> **Activity**
Filter these entries, keeping only lines that hold the word "sequence".

───

-- ===== src/Lifecycle/Creation/Growth.antt =====
-- The system with the transactions that add runs: those of `CreateRun` beside the steps on existing rows.
use run_mesh.Base.{
  ℕ, String, Bool, ◌≡◌, refl, Option, List, [], ◌∷◌, ◌++◌, Bool-cases, inl, inr, ok, Holds,
  Holds-bind, Holds-ok, str_eq, if◌then◌else◌,
}
use run_mesh.Base.Tables.{All, All-append, exists}
use run_mesh.Workflow.Model.{TaskSpec, Tasks, with_defaults}
use run_mesh.Store.Db.{Db, Env, TaskRun, Run, Definition, insert_event, insert_audit}
use run_mesh.Store.CreateRun.{create_run, insert_run, insert_tasks, has_key, new_task, is_empty}
use run_mesh.Lifecycle.Step.{Step, here, next}
use run_mesh.Lifecycle.Invariant.{LeaseIsValid, IsSound}
use run_mesh.Lifecycle.Invariant.Tables.{Table}
use run_mesh.Lifecycle.Invariant.Leases.{Step-Lease}
use run_mesh.Lifecycle.Invariant.Ordering.{Reach-IsOrdered}
use run_mesh.Lifecycle.Invariant.Completion.{Reach-IsDone}
use run_mesh.Lifecycle.Creation.Ids.{DrawsFresh}
use run_mesh.Lifecycle.Creation.Created.{HasMaps, create_run-IsSound}

-- Any sequence of committed transactions on tasks and runs, from an earlier database to a later one.
pub data Growth (db : Db) : Db → Type 0 where
  start : Growth db db
  step : {db₁ db₂ : Db} → Growth db db₁ → Step db₁ db₂ → Growth db db₂
  create :
      {db₁ db₂ : Db}
      → Growth db db₁
      → (env : Env) (tenant : ℕ) (user : Option ℕ) (id : ℕ) (key input : String)
        (artifact : Option ℕ) (r : Run × Bool)
      → DrawsFresh env db₁
      → HasMaps db₁
      → create_run env tenant user id key input artifact db₁ ≡ ok (r, db₂)
      → Growth db db₂

-- A new task has no lease.
new_task-LeaseIsValid :
    (env : Env) (run : ℕ) (input key : String) (id : ℕ) (spec : TaskSpec)
    → LeaseIsValid (new_task env run input key id spec)
unfolding new_task with_defaults
new_task-LeaseIsValid env run input key id spec = elim (Bool-cases (is_empty spec.depends_on)) [
  | inl first ↦ rw first (refl, λ h. absurd (cc))
  | inr later ↦ rw later (refl, λ h. absurd (cc))
]

insert_tasks-Lease :
    (env : Env) (run : ℕ) (input : String) (ids : List (String × ℕ)) (rest : Tasks)
    (tasks : List TaskRun)
    → All LeaseIsValid tasks
    → Holds (All LeaseIsValid) (insert_tasks env run input ids rest tasks)
unfolding insert_tasks
insert_tasks-Lease env run input ids [] tasks h = Holds-ok _ h
insert_tasks-Lease env run input ids ((key, spec) ∷ rest) tasks h = Holds-bind _ _ _ λ id e₁.
    Holds-bind _ _ _ λ u e₂.
      insert_tasks-Lease env run input ids rest (tasks ++ new_task env run input key id spec ∷ []) (
        All-append LeaseIsValid tasks (new_task env run input key id spec ∷ []) h
          (new_task-LeaseIsValid env run input key id spec, tt))

module _ (env : Env) (tenant : ℕ) (user : Option ℕ) where
  insert_run-Lease :
      (d : Definition) (key input : String) (artifact : Option ℕ) (uri : Option String) (db : Db)
      → All LeaseIsValid db.tasks
      → Holds
          (λ r. All LeaseIsValid r.1.tasks)
          (insert_run env tenant user d key input artifact uri db)
  unfolding insert_run insert_audit insert_event
  insert_run-Lease d key input artifact uri db h = Holds-bind _ _ _ λ artifacts e₀.
      Holds-bind _ _ _ λ tasks e₁. Holds-bind _ _ _ λ deps e₂.
        Holds-ok (λ r. All LeaseIsValid r.1.tasks)
          ((insert_tasks-Lease env _ input _ d.dag.tasks db.tasks h).at tasks e₁)

  create_run-Lease :
      (id : ℕ) (key given : String) (artifact : Option ℕ) (db : Db)
      → All LeaseIsValid db.tasks
      → Holds
          (λ r. All LeaseIsValid r.1.tasks)
          (create_run env tenant user id key given artifact db)
  unfolding create_run
  create_run-Lease id key given artifact db h = Holds-bind _ _ _ λ u e₀. Holds-bind _ _ _ λ uri e₁.
      Holds-bind _ _ _ λ d e₂. elim (Bool-cases (exists (has_key tenant key) db.runs)) [
        | inl known ↦ rw known (Holds-bind _ _ _ λ existing e₃. Holds-ok _ h)
        | inr new ↦
            rw new
              (insert_run-Lease d key (if str_eq given "" then "{}" else given) artifact uri db h)
      ]

-- After any sequence of committed transactions on tasks and runs, those that create runs included, task ids are unique; a
-- task that is neither BLOCKED nor CANCELLED depends only on tasks that have SUCCEEDED; a SUCCEEDED
-- run has only tasks that have SUCCEEDED; and a lease expiry stands on exactly the tasks that are LEASED
-- or RUNNING, each of which has an owner. This holds at the start, for one the empty database. Where a run
-- is created, the stored graphs are maps, and the UUIDs neither repeat nor are ids of rows.
pub Growth-IsSound :
    {db db' : Db}
    → Growth db db'
    → IsSound db
    → Table LeaseIsValid db.tasks
    → IsSound db' × Table LeaseIsValid db'.tasks
Growth-IsSound start sound leases = (sound, leases)
Growth-IsSound (step g s) sound leases =
    let (sound₁, leases₁) = Growth-IsSound g sound leases in
    (
      (Reach-IsOrdered (next here s) sound₁.0, Reach-IsDone (next here s) sound₁.0 sound₁.1),
      Step-Lease s leases₁,
    )
Growth-IsSound {db' = db'}
      (create {db₁ = db₁} g env tenant user id key input artifact r fresh maps h) sound leases =
    let (sound₁, leases₁) = Growth-IsSound g sound leases in
    let sound₂ =
      (create_run-IsSound env tenant user db₁ fresh sound₁ maps id key input artifact).at (r, db')
        h in
    (
      sound₂,
      (
        sound₂.0.0,
        (create_run-Lease env tenant user id key input artifact db₁ leases₁.1).at (r, db') h,
      ),
    )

───

> **Result below**
-- Any sequence of committed transactions on tasks and runs, from an earlier database to a later one.
-- After any sequence of committed transactions on tasks and runs, those that create runs included, task ids are unique; a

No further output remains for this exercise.